Other kinds of warnings also deserve to be communicated. When a regulator fines your company for allowing dangerous conditions to exist, for example, it is tempting to say nothing, or to dismiss the fine as unimportant because nobody got hurt. But it is wiser to publicize the fine as a warning shot across your bow — and then to publicize the steps you have taken to correct the underlying problems. This is better for your safety culture, better for your credibility, and better for your relationship with the regulator. (After an actual accident, prior safety violations are inevitably big news. Raise them yourself and frankly discuss what relevance they might have to what just happened. Don’t wait for Eyewitness News to do it for you.)

In the health arena, what I have sometimes called “yellow flags” also deserve public acknowledgment. Suppose you have a study that suggests, very tentatively, that a chemical used at your facility might be carcinogenic. The evidence is still weak and preliminary; the regulators know about the study and haven’t required any changes; the chemical is still in use, and rightly so. But you’re a little warier now, alert to see if other studies trend in the same direction. Don’t wait for more data before telling management and employees about the study.
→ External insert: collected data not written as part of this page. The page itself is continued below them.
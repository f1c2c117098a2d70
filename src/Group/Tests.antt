-- ===== src/Group/Tests.antt =====
-- The group service at concrete inputs, with the tables in memory.
pub mod Actions
use root_open_im_server.Base.{
  ℕ, String, Bool, true, false, List, [], ◌∷◌, Option, none, some, str_eq, contains, ◌&&◌, ◌||◌,
  if◌then◌else◌, ◌≡◌, ◌≢◌, refl, arith,
}
use root_open_im_server.Base.Int.{ℤ, pos, negsuc}
use root_open_im_server.Base.Result.{Result, ok, err}
use root_open_im_server.Common.Errors.{Error}
use root_open_im_server.Common.Access.{Actor, check_access_v3, is_app_manager_uid}
use root_open_im_server.Group.Tables.{GroupModel, GroupMemberModel, GroupRequestModel, View}
use root_open_im_server.Group.Memory.{Rows, view_of, memory}
use root_open_im_server.Group.Memory.Laws.{memory-IsTables}
use root_open_im_server.Group.Calls.{
  Env, JoinReply, run_calls, finish, guarded, either, delete_member_and_set_conversation_seq,
  callback_before_member_join_group,
}
use root_open_im_server.Group.Store.{
  create_group, delete_group_member, find_group_members, update_group_member, transfer_group_owner,
  handler_group_request, update_group_members, update_group,
}
use root_open_im_server.Group.Create.{
  CreateGroupReq, gen_group_id, join_group_as, join_all, check_create_group, new_members, new_group,
  create_group_req,
}
use root_open_im_server.Group.Join.{InviteReq, is_manager_role, check_invite}
use root_open_im_server.Group.Respond.{
  ResponseReq, check_group_admin, accepted_member, check_response, group_application_response,
}
use root_open_im_server.Group.Members.{
  KickReq, MuteReq, may_kick, may_mute, check_kick, kick_group_member, check_mute,
  mute_group_member,
}
use root_open_im_server.Group.Admin.{TransferReq, check_transfer, transfer_owner, cancel_mute_group}
use root_open_im_server.Group.SetMember.{
  SetMemberInfo, check_role_level, may_change, check_found, check_group, check_set_members,
  member_notices, set_group_member_info,
}
use root_open_im_server.Group.Serve.{
  Request, create, invite, kick, transfer, set_members, serve, run,
}
use root_open_im_server.Group.Owners.{IsSound, is_owner}
use root_open_im_server.Group.Owners.Kept.{KeepsRoles}
use root_open_im_server.Group.Owners.Run.{AreCovered, run-IsSound}
use root_open_im_server.Group.Authority.{
  MayKick, kick_group_member_authorised, mute_group_member_authorised,
}
use root_open_im_server.Group.Transfers.{
  transfer_owner_swaps, group_application_response_once, check_invite_anybody,
}
use root_open_im_server.Group.Creation.{create_group_req_owner}
use root_open_im_server.Group.Roles.{MayChange, set_group_member_info_authorised}

abbrev no_reply : JoinReply
no_reply = record {
  mute_end_time = none;
  face_url = none;
  ex = none;
  nickname = none;
  role_level = none;
}

abbrev pub caller : String → Actor
caller u = record { op_user_id = u; manager_ids = []; im_admin_ids = [] }

abbrev pub env_of : String → Env
env_of u = record {
  actor = caller u;
  now = 1000;
  unmarshal_rights = λ ex. none;
  get_users_info_map = λ us. ok us;
  get_user_info = λ v. ok v;
  get_public_user_info = λ v. ok tt;
  populate_group_member = λ ms. ok tt;
  drawn_id = λ i. "g1";
  get_max_seq = λ id. 7;
  get_conversation_max_seq = λ id. ok 7;
  callback_before_create_group = λ g. ok g;
  callback_before_member_join_group = λ m ex. ok no_reply;
  callback_before_invite_user_to_group = λ g us. ok tt;
  callback_apply_join_group_before = λ g u. ok tt;
  send = λ e. ok tt;
}

env_of-KeepsRoles : (u : String) → KeepsRoles (env_of u)
env_of-KeepsRoles u m ex reply h = ground arith

abbrev pub group_named : String → GroupModel
group_named id = record {
  group_id = id;
  group_name = "team";
  notification = "";
  introduction = "";
  face_url = "face";
  create_time = 1000;
  ex = "";
  status = 0;
  creator_user_id = "";
  group_type = 2;
  need_verification = 2;
  look_member_info = 0;
  apply_member_friend = 0;
  notification_update_time = 0;
  notification_user_id = "";
}

abbrev pub member_as : String → ℕ → GroupMemberModel
member_as u role = record {
  group_id = "g1";
  user_id = u;
  nickname = "";
  face_url = "";
  role_level = role;
  join_time = 1000;
  join_source = 2;
  inviter_user_id = "ann";
  operator_user_id = "ann";
  mute_end_time = 0;
  ex = "";
}

abbrev pub request_of : String → GroupRequestModel
request_of u = record {
  user_id = u;
  group_id = "g1";
  handle_result = pos 0;
  req_msg = "";
  handled_msg = "";
  req_time = 1000;
  handle_user_id = "";
  handled_time = 0;
  join_source = 3;
  inviter_user_id = "";
  ex = "";
}

abbrev empty_rows : Rows
empty_rows = record { groups = []; members = []; requests = [] }

abbrev pub team : Rows
team = record {
  groups = group_named "g1" ∷ [];
  members = member_as "ann" 100 ∷ member_as "bob" 60 ∷ member_as "cid" 20 ∷ [];
  requests = request_of "dan" ∷ [];
}

empty_rows-IsSound : IsSound (view_of empty_rows)
empty_rows-IsSound = record {
  one_owner = λ g a b ha hb. absurd (ground arith);
  in_groups = λ g u h. refl;
}

abbrev new_team : CreateGroupReq
new_team = record {
  member_user_ids = "cid" ∷ [];
  admin_user_ids = "bob" ∷ [];
  owner_user_id = "ann";
  group_info = group_named "";
}

abbrev pub promote : SetMemberInfo
promote = record {
  group_id = "g1";
  user_id = "cid";
  nickname = none;
  face_url = none;
  role_level = some 60;
  ex = none;
}

abbrev day : List (Env × Request)
day =
    (env_of "ann", create new_team)
    ∷ (env_of "eve", invite (record { group_id = "g1"; invited_user_ids = "dan" ∷ []; ex = "" }))
    ∷ (
      env_of "ann",
      transfer (record { group_id = "g1"; old_owner_user_id = "ann"; new_owner_user_id = "bob" }),
    )
    ∷ (env_of "bob", kick (record { group_id = "g1"; kicked_user_ids = "ann" ∷ [] }))
    ∷ (env_of "cid", set_members (promote ∷ []) (λ m. ok m))
    ∷ []

day-AreCovered : AreCovered day
unfolding is_app_manager_uid
day-AreCovered =
    (env_of-KeepsRoles "ann", (env_of-KeepsRoles "eve", (refl, (tt, (λ m m' h. ground arith, tt)))))

run-IsSound_example : IsSound (view_of (run memory day empty_rows))
run-IsSound_example =
    run-IsSound memory memory-IsTables day empty_rows day-AreCovered empty_rows-IsSound

creates : (create_group_req (env_of "ann") memory new_team empty_rows).2 ≡ ok tt
unfolding create_group_req new_group check_create_group check_access_v3 gen_group_id new_members
    join_group_as join_all callback_before_member_join_group finish guarded create_group run_calls
creates = refl

create_group_req_owner_example :
    let s' = (create_group_req (env_of "ann") memory new_team empty_rows).0 in
    (g : GroupModel) × ((view_of empty_rows).group g.group_id ≡ none)
    × ((view_of s').group g.group_id ≡ some g)
    × ((u : String) → is_owner ((view_of s').member g.group_id u) ≡ str_eq "ann" u)
    × ((h u : String)
        → str_eq g.group_id h ≡ false
        → (view_of s').member h u ≡ (view_of empty_rows).member h u)
create_group_req_owner_example =
    create_group_req_owner (env_of "ann") memory memory-IsTables (env_of-KeepsRoles "ann")
      empty_rows new_team empty_rows-IsSound creates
Be the last, not the first, to “forget.”

This is another risk communication seesaw. How long we dwell on an accident before it is time to “put it behind us” is up to us, not you. We dwell on it longer if you prematurely urge us to move on. During the anthrax attacks of 2001, U.S. health agencies didn’t realize that “weaponized” anthrax spores could escape from sealed envelopes. By the time they discovered they were wrong, two postal facilities were contaminated and two postal workers were dying. At first the authorities wanted to hurry past the error and focus on what to do next — and postal workers, understandably preoccupied with the error, remained mistrustful and incompliant. Only when the authorities backed up and apologized more fully for the past did the postal workers feel ready to concentrate on the future.

For similar reasons, Union Carbide used to publish an ad on the op-ed page of The New York Times every year on the anniversary of the Bhopal disaster. Others may have forgotten, the ads suggested, but the company must never forget. There is much to criticize in Carbide’s handling of its responsibility for Bhopal, but these ads were a bright spot.

SIDEBAR: 10 recommendations

1 -Tell everyone who should know. This includes federal, state, and local regulators that you are legally obligated to notify. It also includes people in your own chain of command, and very likely your attorneys and insurers.

2 - Tell everyone who knows already or is likely to hear. Give the people who were involved (and their families) a full accounting.

3 - Don’t ever minimize what happened. If someone gets hurt, apologize and hope for a full recovery instead of downplaying injuries.

4 - Include damaging or embarrassing information. Post-event communication isn’t about telling your side of the story. It’s about telling the whole story.

5 - Say you’re sorry. Blame works like a seesaw. The more you blame yourself, the less we blame you.

6 - Show what you’re doing to make it right. Candor about what you have learned gives the accident meaning in the minds of those who suffered the consequences.

7 - Conduct a public investigation. A transparent investigation makes clear your determination to let the truth come out.

8 - Discuss rumors, even false ones. The only effective way to diminish the impact of rumors is to compete with them, not to try to squelch them.

9 - Publicize near-misses and other kinds of warnings. “No harm, no foul” is terrible safety policy.

10 - Be the last, not the first, to “forget.” We dwell on an accident longer if you prematurely urge us to move on.